Voice-crackle from Maurice’s cans. He nodded, scanning the monitors to make sure Gemmell was alone. ‘OK, Steve, thanks, will do. John, let’s see where this one goes, OK?’
Eirion looked shell-shocked. ‘Anything could happen down there, couldn’t it? Suppose that guy had a gun?’
‘Probably wouldn’t be that much use against Satan, anyway,’ Jane reasoned.
‘Why don’t you tell them?’ The Rev. Peter Gemmell hissed at Merrily. ‘Why don’t you tell them that Satan is in our midst? That he’s here now. Why don’t you stand up and denounce him?’
Fallon saved her.
‘Well, you tell us, Peter, since you’re here. You point him out. Where exactly is Satan sitting?’
‘I shall tell you.’ Gemmell didn’t hesitate. ‘He’s sitting directly behind you.’
Fallon stepped aside to reveal Ned Bain smiling and shaking his head, pityingly.
‘That man...’ Gemmell glared contemptuously at Bain. ‘That man speaks from the Devil’s script. From his lips spews the slick rhetoric of Satan the seducer.’
Sea of Light? Merrily wondered.
‘ “The satyr shall cry to his fellow!” ’ Gemmell roared. ‘ “Yea, there shall the night hag alight, and find for herself a resting place!” Isaiah.’

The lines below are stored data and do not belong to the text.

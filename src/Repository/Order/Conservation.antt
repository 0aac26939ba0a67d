-- ===== src/Repository/Order/Conservation.antt =====
-- No unit is lost or made up: CreateOrder, MarkPaidAndConfirm and FailCancelAndRestock of
-- internal/repository/order.go keep the invariant and the units of every product.
use order_processing_system.Base.{
  ℕ, ◌<◌, ◌≡◌, refl, Bool, true, false, some, List, [], ◌∷◌, ◌++◌, ◌==◌, arith, All, All-map,
  All-zip, All-append, All-select, update_where, update_where-none, count_where,
}
use order_processing_system.Models.{
  Text, Time, Order, Payment, OrderStatus, PaymentStatus, Result, ok, err,
}
use order_processing_system.Database.{Tables, Sequences, Db, Engine}
use order_processing_system.Database.Laws.{SeqLe}
use order_processing_system.Repository.Order.{
  create_order, mark_paid_and_confirm, fail_cancel_and_restock, pay, mark_failed, still_pending,
  order_pending, move_order,
}
use order_processing_system.Repository.Order.Stock.{shelves}
use order_processing_system.Repository.Order.Create.{
  Created, CreateOutcome, create_order_lem, demand-SameLines, demand-assign_order, owned-rows,
  shelved-rows,
}
use order_processing_system.Repository.Order.Finalize.{
  Moved, Lost, PaidOutcome, FailedOutcome, mark_paid_and_confirm_lem, fail_cancel_and_restock_lem,
}
use order_processing_system.Repository.Order.Ledger.{
  order_status, units, Agree, Distinct, Agreement, Consistent, order_status-append_old,
  order_status-append_new, reserved-append, reserved_of_live, reserved-append_order,
  reserved-confirm, reserved-cancel,
}
use order_processing_system.Repository.Order.Agreement.{
  KeepsKeys, All-update_keys, Distinct-update, Distinct-append, Known, Agreement-move, guard-le-one,
  guarded_status,
}

-- The tables after a call are consistent, and every product has the units that it had.
abbrev pub Conserves : Tables → Tables → Sequences → Type 0
Conserves old new seq = Consistent new seq × ((p : ℕ) → units p new ≡ units p old)

-- Sequences that have moved on do no harm.
pub Consistent-later :
    (old new : Tables) (seq seq' : Sequences)
    → Consistent old seq
    → new ≡ old
    → SeqLe seq seq'
    → Conserves old new seq'
Consistent-later old new seq seq' c same le = rw same (
  record {
    orders_old = All-map _ _ old.orders (λ o h. omega arith) c.orders_old;
    items_old = All-map _ _ old.order_items (λ i h. omega arith) c.items_old;
    payments_old = All-map _ _ old.payments (λ r h. omega arith) c.payments_old;
    distinct = c.distinct;
    agreement = c.agreement;
    one_shelf = c.one_shelf;
    shelved = c.shelved;
  },
  λ p. refl,
)

module _ (order made : Order) (payment paid : Payment) (old new : Tables) (seq seq' : Sequences)
    (d : Created order made payment paid old new seq seq') (c : Consistent old seq)
    (fresh : order.status ≡ OrderStatus.pending)
    (unpaid : payment.status ≡ PaymentStatus.pending) where
  abbrev row : Order
  row = record made { items = [] }

  made_rows : All (λ i. i.order_id ≡ seq.order) made.items
  made_rows = owned-rows seq.order made.items order.items d.lines

  order_status-made : order_status seq.order (old.orders ++ (row ∷ [])) ≡ some OrderStatus.pending
  order_status-made = ground (
    arith,
    order_status-append_new seq.order old.orders row c.orders_old d.made_id,
    d.made_status,
    fresh,
  )

  Agree-made : Agree paid.status (order_status paid.order_id (old.orders ++ (row ∷ [])))
  Agree-made =
      let pending : paid.status ≡ PaymentStatus.pending = ground (arith, d.paid_status, unpaid) in
      rw (pending, d.paid_order) order_status-made

  Created-Agreement : Agreement (old.orders ++ (row ∷ [])) (old.payments ++ (paid ∷ []))
  Created-Agreement =
      All-append _ old.payments (paid ∷ [])
        (All-zip _ _ _ old.payments
          (λ r h a.
            rw (order_status-append_old r.order_id seq.order old.orders row h.1 d.made_id) a)
          c.payments_old c.agreement)
        (Agree-made, tt)

  Created-Consistent : Consistent new seq'
  Created-Consistent = record {
    orders_old = rw d.orders (
        All-append _ old.orders (row ∷ [])
          (All-map _ _ old.orders (λ o h. omega (arith, d.next_order)) c.orders_old)
          (omega (arith, d.made_id, d.next_order), tt));
    items_old = rw d.order_items (
        All-append _ old.order_items made.items
          (All-map _ _ old.order_items (λ i h. omega (arith, d.next_order)) c.items_old)
          (All-map _ _ made.items (λ i h. omega (arith, h, d.next_order)) made_rows));
    payments_old = rw d.payments (
        All-append _ old.payments (paid ∷ [])
          (All-map _ _ old.payments (λ r h. omega (arith, h, d.next_order, d.next_payment))
            c.payments_old)
          (omega (arith, d.paid_id, d.paid_order, d.next_order, d.next_payment), tt));
    distinct = rw d.payments (
        Distinct-append old.payments paid
          (All-map _ _ old.payments (λ r h. omega (arith, h, d.paid_id, d.paid_order))
            c.payments_old)
          c.distinct);
    agreement = rw (d.orders, d.payments) Created-Agreement;
    one_shelf = λ p. omega (arith, d.shelved p, c.one_shelf p);
    shelved = rw d.order_items (
        All-append _ old.order_items made.items
          (All-map _ _ old.order_items (λ i h. omega (arith, h, d.shelved i.product_id)) c.shelved)
          (All-map _ _ made.items
            (λ i h. omega (arith, h, d.shelved i.product_id, c.one_shelf i.product_id))
            (shelved-rows seq.order 1 (λ k. shelves k old.inventory) made.items order.items d.lines
              d.found)));
  }

  Created-units : (p : ℕ) → units p new ≡ units p old
  Created-units p =
      rw (d.orders, d.order_items)
        (omega (
          arith,
          d.taken p,
          reserved-append p (old.orders ++ (row ∷ [])) old.order_items made.items,
          reserved-append_order p seq.order old.orders row old.order_items c.items_old d.made_id,
          reserved_of_live p seq.order (old.orders ++ (row ∷ [])) made.items made_rows
              (rw order_status-made refl),
          demand-SameLines p made.items _ d.lines,
          demand-assign_order p seq.order order.items,
        ))

orders_old-move :
    (n : ℕ) (q : Order → Bool) (now : Time) (s : OrderStatus) (orders : List Order)
    → All (λ o. o.id < n) orders
    → All (λ o. o.id < n) (update_where q (move_order now s) orders)
orders_old-move n q now s [] h = tt
orders_old-move n q now s (o ∷ os) h = ground (arith, orders_old-move n q now s os h.1)

module _ (payment : Payment) (f : Time → Payment → Payment) (done : PaymentStatus) (s : OrderStatus)
    (keeps : (now : Time) → KeepsKeys (f now))
    (sets : (now : Time) (r : Payment) → (f now r).status ≡ done) (agrees : Agree done (some s))
    (old new : Tables) (seq seq' : Sequences) (m : Moved payment f s old new seq seq')
    (c : Consistent old seq) (known : Known payment old.payments)
    (same_shelves : (p : ℕ) → shelves p new.inventory ≡ shelves p old.inventory) where
  Moved-Consistent : Consistent new seq'
  Moved-Consistent = rw m.seq_same (record {
    orders_old = rw m.orders (
        orders_old-move seq.order (order_pending payment.order_id) m.then_at s old.orders
          c.orders_old);
    items_old = rw m.order_items c.items_old;
    payments_old = rw m.payments (
        All-update_keys (λ id order. (id < seq.payment) × (order < seq.order))
          (still_pending payment.id) (f m.at) old.payments (keeps m.at) c.payments_old);
    distinct =
        rw m.payments (
          Distinct-update (still_pending payment.id) (f m.at) old.payments (keeps m.at) c.distinct);
    agreement =
        rw (m.orders, m.payments)
          (Agreement-move payment (f m.at) done s m.then_at (keeps m.at) (sets m.at) agrees
            old.orders old.payments c.distinct known m.won c.agreement);
    one_shelf = λ p. omega (arith, same_shelves p, c.one_shelf p);
    shelved = rw m.order_items (
        All-map _ _ old.order_items (λ i h. omega (arith, h, same_shelves i.product_id)) c.shelved);
  })

-- A call that lost the race has changed nothing.
pub Lost-same :
    (payment : Payment) (f : Time → Payment → Payment) (old new : Tables) (seq seq' : Sequences)
    → Lost payment f old new seq seq'
    → Distinct old.payments
    → new ≡ old
Lost-same payment f old new seq seq' l d =
    let none_hit : count_where (still_pending payment.id) old.payments ≡ 0 =
      ground (arith, guard-le-one payment.id old.payments d, l.missed) in
    ground
      (arith, l.tables, update_where-none (still_pending payment.id) (f l.at) old.payments none_hit)

Created-Conserves :
    (order : Order) (payment : Payment) (db : Db) (p : Result (Order × Payment) × Db)
    → CreateOutcome order payment db p
    → Consistent db.tables db.seq
    → order.status ≡ OrderStatus.pending
    → payment.status ≡ PaymentStatus.pending
    → Conserves db.tables p.1.tables p.1.seq
Created-Conserves order payment db (err e, after) (same, grown) c fresh unpaid =
    Consistent-later db.tables after.tables db.seq after.seq c same grown
Created-Conserves order payment db (ok (made, paid), after) d c fresh unpaid = (
  Created-Consistent order made payment paid db.tables after.tables db.seq after.seq d c fresh
      unpaid,
  Created-units order made payment paid db.tables after.tables db.seq after.seq d c fresh unpaid,
)

-- Creating a pending order with a pending payment keeps consistent tables consistent, and the stock
-- that it takes is what the order holds.
pub create_order-Conserves :
    (engine : Engine) (order : Order) (payment : Payment) (db : Db)
    → Consistent db.tables db.seq
    → order.status ≡ OrderStatus.pending
    → payment.status ≡ PaymentStatus.pending
    → let after = (create_order engine order payment db).1 in
      Conserves db.tables after.tables after.seq
create_order-Conserves engine order payment db =
    Created-Conserves order payment db (create_order engine order payment db)
      (create_order_lem engine order payment db)

Lost-Conserves :
    (payment : Payment) (f : Time → Payment → Payment) (old new : Tables) (seq seq' : Sequences)
    → Lost payment f old new seq seq'
    → Consistent old seq
    → Conserves old new seq'
Lost-Conserves payment f old new seq seq' l c =
    Consistent-later old new seq seq' c (Lost-same payment f old new seq seq' l c.distinct)
      (rw l.seq_same (omega arith))

PaidOutcome-Conserves :
    (payment : Payment) (txn : Text) (db : Db) (p : Result Bool × Db)
    → PaidOutcome payment txn db p
    → Consistent db.tables db.seq
    → Known payment db.tables.payments
    → Conserves db.tables p.1.tables p.1.seq
PaidOutcome-Conserves payment txn db (err e, after) (same, grown) c known =
    Consistent-later db.tables after.tables db.seq after.seq c same grown
PaidOutcome-Conserves payment txn db (ok false, after) l c known =
    Lost-Conserves payment (λ now. pay now txn) db.tables after.tables db.seq after.seq l c
PaidOutcome-Conserves payment txn db (ok true, after) (m, shelf) c known = (
  Moved-Consistent payment (λ now. pay now txn) PaymentStatus.paid OrderStatus.confirmed
      (λ now r. (refl, refl)) (λ now r. refl) refl db.tables after.tables db.seq after.seq m c known
      (λ p. rw shelf),
  λ p.
      rw (shelf, m.orders, m.order_items)
        (omega (
          arith,
          reserved-confirm p payment.order_id m.then_at db.tables.orders db.tables.order_items,
        )),
)

-- Confirming, with a payment read from them, keeps consistent tables consistent and moves no stock.
pub mark_paid_and_confirm-Conserves :
    (engine : Engine) (payment : Payment) (txn : Text) (db : Db)
    → Consistent db.tables db.seq
    → Known payment db.tables.payments
    → let after = (mark_paid_and_confirm engine payment txn db).1 in
      Conserves db.tables after.tables after.seq
mark_paid_and_confirm-Conserves engine payment txn db =
    PaidOutcome-Conserves payment txn db (mark_paid_and_confirm engine payment txn db)
      (mark_paid_and_confirm_lem engine payment txn db)

FailedOutcome-Conserves :
    (payment : Payment) (db : Db) (p : Result Bool × Db)
    → FailedOutcome payment db p
    → Consistent db.tables db.seq
    → Known payment db.tables.payments
    → Conserves db.tables p.1.tables p.1.seq
FailedOutcome-Conserves payment db (err e, after) (same, grown) c known =
    Consistent-later db.tables after.tables db.seq after.seq c same grown
FailedOutcome-Conserves payment db (ok false, after) l c known =
    Lost-Conserves payment mark_failed db.tables after.tables db.seq after.seq l c
FailedOutcome-Conserves payment db (ok true, after) (m, restock) c known =
    let own = All-select _ (λ i. i.order_id == payment.order_id) db.tables.order_items c.shelved in
    let (stocks, shelves_kept) = restock own in
    let was = guarded_status payment db.tables.orders db.tables.payments known m.won c.agreement in
    (
      Moved-Consistent payment mark_failed PaymentStatus.failed OrderStatus.cancelled
          (λ now r. (refl, refl)) (λ now r. refl) refl db.tables after.tables db.seq after.seq m c
          known shelves_kept,
      λ p.
          rw (m.orders, m.order_items)
            (omega (
              arith,
              stocks p,
              reserved-cancel p payment.order_id m.then_at db.tables.orders db.tables.order_items
                  was,
            )),
    )

-- Cancelling, with a payment read from them, keeps consistent tables consistent and gives back to
-- the shelves what the order held.
pub fail_cancel_and_restock-Conserves :
    (engine : Engine) (payment : Payment) (db : Db)
    → Consistent db.tables db.seq
    → Known payment db.tables.payments
    → let after = (fail_cancel_and_restock engine payment db).1 in
      Conserves db.tables after.tables after.seq
fail_cancel_and_restock-Conserves engine payment db =
    FailedOutcome-Conserves payment db (fail_cancel_and_restock engine payment db)
      (fail_cancel_and_restock_lem engine payment db)
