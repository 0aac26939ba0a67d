-- ===== src/Services/Order/Lines.antt =====
-- What the lines of a request for an order ask for, and what becomes of it in internal/services/order.go.
use order_processing_system.Base.{
  ℕ, ◌+◌, ◌<◌, ◌≡◌, refl, ◌∙◌, inl, inr, none, List, [], ◌∷◌, ◌==◌, if◌then◌else◌, arith, All,
  Option-cases,
}
use order_processing_system.Models.{Float64, Product, Order, OrderItem, ok, Result-cases}
use order_processing_system.Repository.Order.Stock.{demand}
use order_processing_system.Repository.Order.Ledger.{order_status}
use order_processing_system.Services.Order.{
  OrderItemRequest, Arithmetic, insert_item, sort_items, price_of, build_items,
}

-- The units of a product that a request asks for.
abbrev pub requested : ℕ → List OrderItemRequest → ℕ
requested p [] = 0
requested p (item ∷ items) = (if item.product_id == p then item.quantity else 0) + requested p items

demand-insert_item :
    (p : ℕ) (x : OrderItem) (xs : List OrderItem) → demand p (insert_item x xs) ≡ demand p (x ∷ xs)
unfolding insert_item
demand-insert_item p x [] = refl
demand-insert_item p x (y ∷ ys) = ground (arith, demand-insert_item p x ys)

pub demand-sort_items : (p : ℕ) (xs : List OrderItem) → demand p (sort_items xs) ≡ demand p xs
unfolding sort_items
demand-sort_items p [] = refl
demand-sort_items p (x ∷ xs) =
    demand-insert_item p x (sort_items xs) ∙ (omega (arith, demand-sort_items p xs))

pub order_status_of_unused :
    (n : ℕ) (orders : List Order) → All (λ o. o.id < n) orders → order_status n orders ≡ none
order_status_of_unused n [] h = refl
order_status_of_unused n (o ∷ os) h = ground (arith, order_status_of_unused n os h.1)

pub demand-build_items :
    (float : Arithmetic) (p : ℕ) (products : List Product) (total : Float64)
    (items : List OrderItemRequest) {lines : List OrderItem} {sum : Float64}
    → build_items float products total items ≡ ok (lines, sum)
    → demand p lines ≡ requested p items
unfolding build_items
demand-build_items float p products total [] e = ground arith
demand-build_items float p products total (item ∷ items) e =
    elim (Option-cases (price_of item.product_id products)) [
      | inl missing ↦ ground arith
      | inr (price, found) ↦
          elim (Result-cases (
            build_items float products (float.plus total (float.times price item.quantity))
              items)) [
                | inl ((rest, sum'), built) ↦ ground (
                  arith,
                  demand-build_items float p products
                      (float.plus total (float.times price item.quantity)) items built,
                )
                | inr (x, failed) ↦ ground arith
              ]
    ]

Merrily thought of the number of interpretations you could put on that. In fact, she was sure there was a rather more innocent translation in the Revised English Bible. She just couldn’t remember what it was. Couldn’t remember anything tonight.
‘The satyr,’ Gemmell explained, ‘is the so-called horned god of the witches – the god Pan. The night hag is the demon Lilith. And so the Bible tells us quite plainly that paganism invites the demonic to share its bed. And that is as true today as it was when it was written.’